INSTRUCTIONS TO FOLLOW
Take the entries below and return them unchanged.

DATA SHOWN
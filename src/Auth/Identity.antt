-- ===== src/Auth/Identity.antt =====
-- Who is let through by `require_api_user` of app/auth.py.
use distributed_file_service.Prelude.{
  Bool, Bool-cases, List, Option, [], arith, false, if◌then◌else◌, inl, inr, none, refl, some, sym,
  true, ℕ, ◌↔◌, ◌∙◌, ◌∷◌, ◌≡◌, ◌≢◌, ◌⊎◌,
}
use distributed_file_service.Text.{
  Text, codes, lower, split, text_eq, text_eq_iff, text_eq_refl, truthy,
}
use distributed_file_service.Text.Strip.{strip}
use distributed_file_service.Exec.{Outcome, ok, raised}
use distributed_file_service.Config.{Settings}
use distributed_file_service.World.{AuthUser}
use distributed_file_service.Auth.{
  JwtResult, allow, decode_token, decoded, invalid, is_blank, known_user, parse_api_key_mappings,
  parse_bearer_token, payload, resolve_from_api_key, resolve_from_jwt, subject_of, unsupported_mode,
  with_subject,
}
use distributed_file_service.Dict.{lookup}
use distributed_file_service.Auth.Require.{
  AuthState, Principal, admit, from_source, is_admin_id, is_listed, require_api_user,
  resolve_principal,
}

-- A principal has an id.
abbrev HasId : Outcome Principal → Type 0
HasId (raised e) = Unit
HasId (ok p) = p.user_id ≢ []

HasId-decoded :
    (source : Text) (r : JwtResult) (token : Text) → HasId (from_source source (decoded r token))
HasId-decoded source invalid token = tt
HasId-decoded source (payload sub user_id) token = go (strip (subject_of sub user_id))
  where
    go : (id : Text) → HasId (from_source source (with_subject id token))
    go [] = tt
    go (c ∷ id) = λ e. ground (arith, e)

HasId-jwt :
    (source : Text) (jwt_decode : Text → JwtResult) (c : Settings) (authorization : Option Text)
    → HasId (from_source source (resolve_from_jwt jwt_decode c authorization))
unfolding resolve_from_jwt
HasId-jwt source jwt_decode c authorization = elim (Bool-cases (is_blank c.jwt_secret)) [
  | inl e ↦ rw e tt
  | inr e ↦ rw e (go (parse_bearer_token authorization))
]
  where
    go : (o : Outcome Text) → HasId (from_source source (decode_token jwt_decode o))
    go (raised x) = tt
    go (ok token) = HasId-decoded source (jwt_decode token) token

HasId-key :
    (source : Text) (c : Settings) (x_api_key : Option Text)
    → HasId (from_source source (resolve_from_api_key c x_api_key))
unfolding resolve_from_api_key
HasId-key source c none = tt
HasId-key source c (some []) = tt
HasId-key source c (some (k ∷ key)) = go (lookup (k ∷ key) (parse_api_key_mappings c))
  where
    go : (o : Option Text) → HasId (from_source source (known_user o (k ∷ key)))
    go none = tt
    go (some []) = tt
    go (some (d ∷ id)) = λ e. ground (arith, e)

HasId-if : (b : Bool) (x y : Outcome Principal) → HasId x → HasId y → HasId (if b then x else y)
HasId-if true x y h k = h
HasId-if false x y h k = k

HasId-resolve_principal :
    (jwt_decode : Text → JwtResult) (c : Settings) (x_api_key authorization : Option Text)
    → HasId (resolve_principal jwt_decode c x_api_key authorization)
unfolding resolve_principal
HasId-resolve_principal jwt_decode c x_api_key authorization =
    let mode = strip (lower c.auth_mode) in
    let by_token = from_source (codes "jwt") (resolve_from_jwt jwt_decode c authorization) in
    let by_key = from_source (codes "api_key") (resolve_from_api_key c x_api_key) in
    let t = HasId-jwt (codes "jwt") jwt_decode c authorization in
    let k = HasId-key (codes "api_key") c x_api_key in
    let either = if truthy authorization then by_token else by_key in
    let last = if text_eq mode (codes "api_key") then by_key else raised unsupported_mode in
    HasId-if (text_eq mode (codes "jwt")) by_token
      (if text_eq mode (codes "hybrid") then either else last) t
      (HasId-if (text_eq mode (codes "hybrid")) either last
        (HasId-if (truthy authorization) by_token by_key t k)
        (HasId-if (text_eq mode (codes "api_key")) by_key (raised unsupported_mode) k tt))

-- The settings list the id: one of the pieces between the commas is the id, without the whitespace
-- around it.
abbrev pub Lists : List Text → Text → Type 0
Lists [] user_id = ⊥
Lists (item ∷ items) user_id = (strip item ≡ user_id) ⊎ Lists items user_id

not_blank : (s : Text) → s ≢ [] → is_blank s ≡ false
not_blank [] h = absurd (h refl)
not_blank (c ∷ s) h = refl

is_listed-Lists :
    (user_id : Text) (items : List Text) → is_listed user_id items ≡ true → Lists items user_id
unfolding is_listed
is_listed-Lists user_id [] h = ground (arith, h)
is_listed-Lists user_id (item ∷ items) h = elim (Bool-cases (text_eq (strip item) user_id)) [
  | inl e ↦ inl ((text_eq_iff (strip item) user_id).0 e)
  | inr e ↦ inr (is_listed-Lists user_id items (ground (arith, h, e)))
]

Lists-is_listed :
    (user_id : Text) (items : List Text)
    → user_id ≢ []
    → Lists items user_id
    → is_listed user_id items ≡ true
unfolding is_listed
Lists-is_listed user_id [] h k = absurd k
Lists-is_listed user_id (item ∷ items) h (inl e) =
    rw (e, not_blank user_id h, text_eq_refl user_id) refl
Lists-is_listed user_id (item ∷ items) h (inr k) = ground (arith, Lists-is_listed user_id items h k)

-- The id is not empty, and the user is an admin exactly when the settings list it.
abbrev pub IsIdentified : Settings → AuthUser → Type 0
IsIdentified c user =
    (user.user_id ≢ [])
    × ((user.is_admin ≡ true) ↔ Lists (split b',' c.admin_user_ids) user.user_id)

identified :
    (c : Settings) (user : AuthUser)
    → user.user_id ≢ []
    → user.is_admin ≡ is_admin_id c user.user_id
    → IsIdentified c user
unfolding is_admin_id
identified c user h e = (
  h,
  (
    λ k. is_listed-Lists user.user_id (split b',' c.admin_user_ids) (sym e ∙ k),
    λ k. e ∙ Lists-is_listed user.user_id (split b',' c.admin_user_ids) h k,
  ),
)

HasId-admit :
    (c : Settings) (minute now : ℕ) (o : Outcome Principal) (s : AuthState) (user : AuthUser)
    → HasId o
    → (admit c minute now o s).0 ≡ ok user
    → (user.user_id ≢ []) × (user.is_admin ≡ is_admin_id c user.user_id)
unfolding admit
HasId-admit c minute now (raised e) s user h k = absurd (ground (arith, k))
HasId-admit c minute now (ok p) s user h k =
    elim (Bool-cases ((allow p.rate_key c.api_rate_limit_per_minute minute now s.events).0)) [
      | inl e ↦ ground (arith, rw e at k, h)
      | inr e ↦ absurd (ground (arith, rw e at k))
    ]

-- In every mode, and whatever a token's claims or the configured mappings are, a request that is let
-- through is from a user whose id is not empty, and that user is an admin exactly when one of the
-- comma-separated pieces of `admin_user_ids`, stripped, is the id.
pub require_api_user-id :
    (jwt_decode : Text → JwtResult) (c : Settings) (minute now : ℕ)
    (x_api_key authorization : Option Text) (s : AuthState) (user : AuthUser)
    → (require_api_user jwt_decode c minute now x_api_key authorization s).0 ≡ ok user
    → IsIdentified c user
unfolding require_api_user
require_api_user-id jwt_decode c minute now x_api_key authorization s user h =
    let (h, e) =
      HasId-admit c minute now (resolve_principal jwt_decode c x_api_key authorization) s user
        (HasId-resolve_principal jwt_decode c x_api_key authorization) h in
    identified c user h e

REPLY
filename src/Auth/Identity.antt
-- ===== src/Auth/Identity.antt =====
-- Who is let through by `require_api_user` of app/auth.py.
use distributed_file_service.Prelude.{
  Bool, Bool-cases, List, Option, [], arith, false, if◌then◌else◌, inl, inr, none, refl, some, sym,
  true, ℕ, ◌↔◌, ◌∙◌, ◌∷◌, ◌≡◌, ◌≢◌, ◌⊎◌,
}
use distributed_file_service.Text.{
  Text, codes, lower, split, text_eq, text_eq_iff, text_eq_refl, truthy,
}
use distributed_file_service.Text.Strip.{strip}
use distributed_file_service.Exec.{Outcome, ok, raised}
use distributed_file_service.Config.{Settings}
use distributed_file_service.World.{AuthUser}
use distributed_file_service.Auth.{
  JwtResult, allow, decode_token, decoded, invalid, is_blank, known_user, parse_api_key_mappings,
  parse_bearer_token, payload, resolve_from_api_key, resolve_from_jwt, subject_of, unsupported_mode,
  with_subject,
}
use distributed_file_service.Dict.{lookup}
use distributed_file_service.Auth.Require.{
  AuthState, Principal, admit, from_source, is_admin_id, is_listed, require_api_user,
  resolve_principal,
}

-- A principal has an id.
abbrev HasId : Outcome Principal → Type 0
HasId (raised e) = Unit
HasId (ok p) = p.user_id ≢ []

HasId-decoded :
    (source : Text) (r : JwtResult) (token : Text) → HasId (from_source source (decoded r token))
HasId-decoded source invalid token = tt
HasId-decoded source (payload sub user_id) token = go (strip (subject_of sub user_id))
  where
    go : (id : Text) → HasId (from_source source (with_subject id token))
    go [] = tt
    go (c ∷ id) = λ e. ground (arith, e)

HasId-jwt :
    (source : Text) (jwt_decode : Text → JwtResult) (c : Settings) (authorization : Option Text)
    → HasId (from_source source (resolve_from_jwt jwt_decode c authorization))
unfolding resolve_from_jwt
HasId-jwt source jwt_decode c authorization = elim (Bool-cases (is_blank c.jwt_secret)) [
  | inl e ↦ rw e tt
  | inr e ↦ rw e (go (parse_bearer_token authorization))
]
  where
    go : (o : Outcome Text) → HasId (from_source source (decode_token jwt_decode o))
    go (raised x) = tt
    go (ok token) = HasId-decoded source (jwt_decode token) token

HasId-key :
    (source : Text) (c : Settings) (x_api_key : Option Text)
    → HasId (from_source source (resolve_from_api_key c x_api_key))
unfolding resolve_from_api_key
HasId-key source c none = tt
HasId-key source c (some []) = tt
HasId-key source c (some (k ∷ key)) = go (lookup (k ∷ key) (parse_api_key_mappings c))
  where
    go : (o : Option Text) → HasId (from_source source (known_user o (k ∷ key)))
    go none = tt
    go (some []) = tt
    go (some (d ∷ id)) = λ e. ground (arith, e)

HasId-if : (b : Bool) (x y : Outcome Principal) → HasId x → HasId y → HasId (if b then x else y)
HasId-if true x y h k = h
HasId-if false x y h k = k

HasId-resolve_principal :
    (jwt_decode : Text → JwtResult) (c : Settings) (x_api_key authorization : Option Text)
    → HasId (resolve_principal jwt_decode c x_api_key authorization)
unfolding resolve_principal
HasId-resolve_principal jwt_decode c x_api_key authorization =
    let mode = strip (lower c.auth_mode) in
    let by_token = from_source (codes "jwt") (resolve_from_jwt jwt_decode c authorization) in
    let by_key = from_source (codes "api_key") (resolve_from_api_key c x_api_key) in
    let t = HasId-jwt (codes "jwt") jwt_decode c authorization in
    let k = HasId-key (codes "api_key") c x_api_key in
    let either = if truthy authorization then by_token else by_key in
    let last = if text_eq mode (codes "api_key") then by_key else raised unsupported_mode in
    HasId-if (text_eq mode (codes "jwt")) by_token
      (if text_eq mode (codes "hybrid") then either else last) t
      (HasId-if (text_eq mode (codes "hybrid")) either last
        (HasId-if (truthy authorization) by_token by_key t k)
        (HasId-if (text_eq mode (codes "api_key")) by_key (raised unsupported_mode) k tt))

-- The settings list the id: one of the pieces between the commas is the id, without the whitespace
-- around it.
abbrev pub Lists : List Text → Text → Type 0
Lists [] user_id = ⊥
Lists (item ∷ items) user_id = (strip item ≡ user_id) ⊎ Lists items user_id

not_blank : (s : Text) → s ≢ [] → is_blank s ≡ false
not_blank [] h = absurd (h refl)
not_blank (c ∷ s) h = refl

is_listed-Lists :
    (user_id : Text) (items : List Text) → is_listed user_id items ≡ true → Lists items user_id
unfolding is_listed
is_listed-Lists user_id [] h = ground (arith, h)
is_listed-Lists user_id (item ∷ items) h = elim (Bool-cases (text_eq (strip item) user_id)) [
  | inl e ↦ inl ((text_eq_iff (strip item) user_id).0 e)
  | inr e ↦ inr (is_listed-Lists user_id items (ground (arith, h, e)))
]

Lists-is_listed :
    (user_id : Text) (items : List Text)
    → user_id ≢ []
    → Lists items user_id
    → is_listed user_id items ≡ true
unfolding is_listed
Lists-is_listed user_id [] h k = absurd k
Lists-is_listed user_id (item ∷ items) h (inl e) =
    rw (e, not_blank user_id h, text_eq_refl user_id) refl
Lists-is_listed user_id (item ∷ items) h (inr k) = ground (arith, Lists-is_listed user_id items h k)

-- The id is not empty, and the user is an admin exactly when the settings list it.
abbrev pub IsIdentified : Settings → AuthUser → Type 0
IsIdentified c user =
    (user.user_id ≢ [])
    × ((user.is_admin ≡ true) ↔ Lists (split b',' c.admin_user_ids) user.user_id)

identified :
    (c : Settings) (user : AuthUser)
    → user.user_id ≢ []
    → user.is_admin ≡ is_admin_id c user.user_id
    → IsIdentified c user
unfolding is_admin_id
identified c user h e = (
  h,
  (
    λ k. is_listed-Lists user.user_id (split b',' c.admin_user_ids) (sym e ∙ k),
    λ k. e ∙ Lists-is_listed user.user_id (split b',' c.admin_user_ids) h k,
  ),
)

HasId-admit :
    (c : Settings) (minute now : ℕ) (o : Outcome Principal) (s : AuthState) (user : AuthUser)
    → HasId o
    → (admit c minute now o s).0 ≡ ok user
    → (user.user_id ≢ []) × (user.is_admin ≡ is_admin_id c user.user_id)
unfolding admit
HasId-admit c minute now (raised e) s user h k = absurd (ground (arith, k))
HasId-admit c minute now (ok p) s user h k =
    elim (Bool-cases ((allow p.rate_key c.api_rate_limit_per_minute minute now s.events).0)) [
      | inl e ↦ ground (arith, rw e at k, h)
      | inr e ↦ absurd (ground (arith, rw e at k))
    ]

-- In every mode, and whatever a token's claims or the configured mappings are, a request that is let
-- through is from a user whose id is not empty, and that user is an admin exactly when one of the
-- comma-separated pieces of `admin_user_ids`, stripped, is the id.
pub require_api_user-id :
    (jwt_decode : Text → JwtResult) (c : Settings) (minute now : ℕ)
    (x_api_key authorization : Option Text) (s : AuthState) (user : AuthUser)
    → (require_api_user jwt_decode c minute now x_api_key authorization s).0 ≡ ok user
    → IsIdentified c user
unfolding require_api_user
require_api_user-id jwt_decode c minute now x_api_key authorization s user h =
    let (h, e) =
      HasId-admit c minute now (resolve_principal jwt_decode c x_api_key authorization) s user
        (HasId-resolve_principal jwt_decode c x_api_key authorization) h in
    identified c user h e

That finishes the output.